■ **Work to complete**
In the listing below, the lines from the first through the one with "set_label h label [] = (h, label) ∷ []" are to be copied word for word.
- - -
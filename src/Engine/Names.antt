-- ===== src/Engine/Names.antt =====
-- Texts that are taken apart: port hashes, port labels and the names of events, as lists of
-- characters, with `includes`, `lastIndexOf` and `substring` as the engine uses them
-- (`_extractPortName`, source/services/Ultravisor-ExecutionEngine.cjs).
use ultravisor.Base.{
  ℕ, ◌==◌, Bool, true, false, ◌&&◌, Option, none, some, List, [], ◌∷◌, if◌then◌else◌, is_some,
  or_else,
}

abbrev pub Name : Type 0
Name = List ℕ

unfoldable pub same_name : Name → Name → Bool
same_name [] [] = true
same_name [] (y ∷ ys) = false
same_name (x ∷ xs) [] = false
same_name (x ∷ xs) (y ∷ ys) = x == y && same_name xs ys

abbrev pub is_empty : Name → Bool
is_empty [] = true
is_empty (x ∷ xs) = false

-- What follows a prefix.
unfoldable pub strip : Name → Name → Option Name
strip [] text = some text
strip (p ∷ ps) [] = none
strip (p ∷ ps) (x ∷ xs) = let rest = strip ps xs in if p == x then rest else none

-- What follows the last place where the pattern stands.
unfoldable pub after_last : Name → Name → Option Name
unfolding strip
after_last pat [] = strip pat []
after_last pat (x ∷ xs) = elim (after_last pat xs) [
  | some rest ↦ some rest
  | none ↦ strip pat (x ∷ xs)
]

unfoldable pub includes : Name → Name → Bool
unfolding after_last
includes pat text = is_some (after_last pat text)

-- "-ei-", "-eo-", "-si-" and "-so-"
abbrev pub event_in : Name
event_in = 45 ∷ 101 ∷ 105 ∷ 45 ∷ []

abbrev pub event_out : Name
event_out = 45 ∷ 101 ∷ 111 ∷ 45 ∷ []

abbrev pub state_in : Name
state_in = 45 ∷ 115 ∷ 105 ∷ 45 ∷ []

abbrev pub state_out : Name
state_out = 45 ∷ 115 ∷ 111 ∷ 45 ∷ []

-- The map from port hashes to labels; a later entry of a hash replaces its earlier one.
abbrev pub Labels : Type 0
Labels = List (Name × Name)

unfoldable pub label_of_port : Name → Labels → Option Name
unfolding same_name
label_of_port h [] = none
label_of_port h ((k, label) ∷ rest) =
    let later = label_of_port h rest in if same_name k h then some label else later

unfoldable pub set_label : Name → Name → Labels → Labels
unfolding same_name
set_label h label [] = (h, label) ∷ []
set_label h label ((k, old) ∷ rest) =
    let later = (k, old) ∷ set_label h label rest in
    if same_name k h then (k, label) ∷ rest else later

-- A label that is there and not empty, else the hash itself.
abbrev pub label_or_hash : Name → Option Name → Name
label_or_hash h none = h
label_or_hash h (some []) = h
label_or_hash h (some (x ∷ xs)) = x ∷ xs

-- The four markers are tried in turn.
unfoldable pub first_marked : List Name → Name → Option Name
unfolding after_last
first_marked [] h = none
first_marked (m ∷ ms) h =
    let later = first_marked ms h in elim (after_last m h) [ some name ↦ some name | none ↦ later ]

abbrev pub markers : List Name
markers = event_in ∷ event_out ∷ state_in ∷ state_out ∷ []

unfoldable pub extract_port_name : Name → Labels → Name
unfolding first_marked label_of_port
extract_port_name h labels =
    if is_empty h
    then []
    else or_else (first_marked markers h) (label_or_hash h (label_of_port h labels))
- - -
■ **Answer section**
filename src/Engine/Names.antt
-- ===== src/Engine/Names.antt =====
-- Texts that are taken apart: port hashes, port labels and the names of events, as lists of
-- characters, with `includes`, `lastIndexOf` and `substring` as the engine uses them
-- (`_extractPortName`, source/services/Ultravisor-ExecutionEngine.cjs).
use ultravisor.Base.{
  ℕ, ◌==◌, Bool, true, false, ◌&&◌, Option, none, some, List, [], ◌∷◌, if◌then◌else◌, is_some,
  or_else,
}

abbrev pub Name : Type 0
Name = List ℕ

unfoldable pub same_name : Name → Name → Bool
same_name [] [] = true
same_name [] (y ∷ ys) = false
same_name (x ∷ xs) [] = false
same_name (x ∷ xs) (y ∷ ys) = x == y && same_name xs ys

abbrev pub is_empty : Name → Bool
is_empty [] = true
is_empty (x ∷ xs) = false

-- What follows a prefix.
unfoldable pub strip : Name → Name → Option Name
strip [] text = some text
strip (p ∷ ps) [] = none
strip (p ∷ ps) (x ∷ xs) = let rest = strip ps xs in if p == x then rest else none

-- What follows the last place where the pattern stands.
unfoldable pub after_last : Name → Name → Option Name
unfolding strip
after_last pat [] = strip pat []
after_last pat (x ∷ xs) = elim (after_last pat xs) [
  | some rest ↦ some rest
  | none ↦ strip pat (x ∷ xs)
]

unfoldable pub includes : Name → Name → Bool
unfolding after_last
includes pat text = is_some (after_last pat text)

-- "-ei-", "-eo-", "-si-" and "-so-"
abbrev pub event_in : Name
event_in = 45 ∷ 101 ∷ 105 ∷ 45 ∷ []

abbrev pub event_out : Name
event_out = 45 ∷ 101 ∷ 111 ∷ 45 ∷ []

abbrev pub state_in : Name
state_in = 45 ∷ 115 ∷ 105 ∷ 45 ∷ []

abbrev pub state_out : Name
state_out = 45 ∷ 115 ∷ 111 ∷ 45 ∷ []

-- The map from port hashes to labels; a later entry of a hash replaces its earlier one.
abbrev pub Labels : Type 0
Labels = List (Name × Name)

unfoldable pub label_of_port : Name → Labels → Option Name
unfolding same_name
label_of_port h [] = none
label_of_port h ((k, label) ∷ rest) =
    let later = label_of_port h rest in if same_name k h then some label else later

unfoldable pub set_label : Name → Name → Labels → Labels
unfolding same_name
set_label h label [] = (h, label) ∷ []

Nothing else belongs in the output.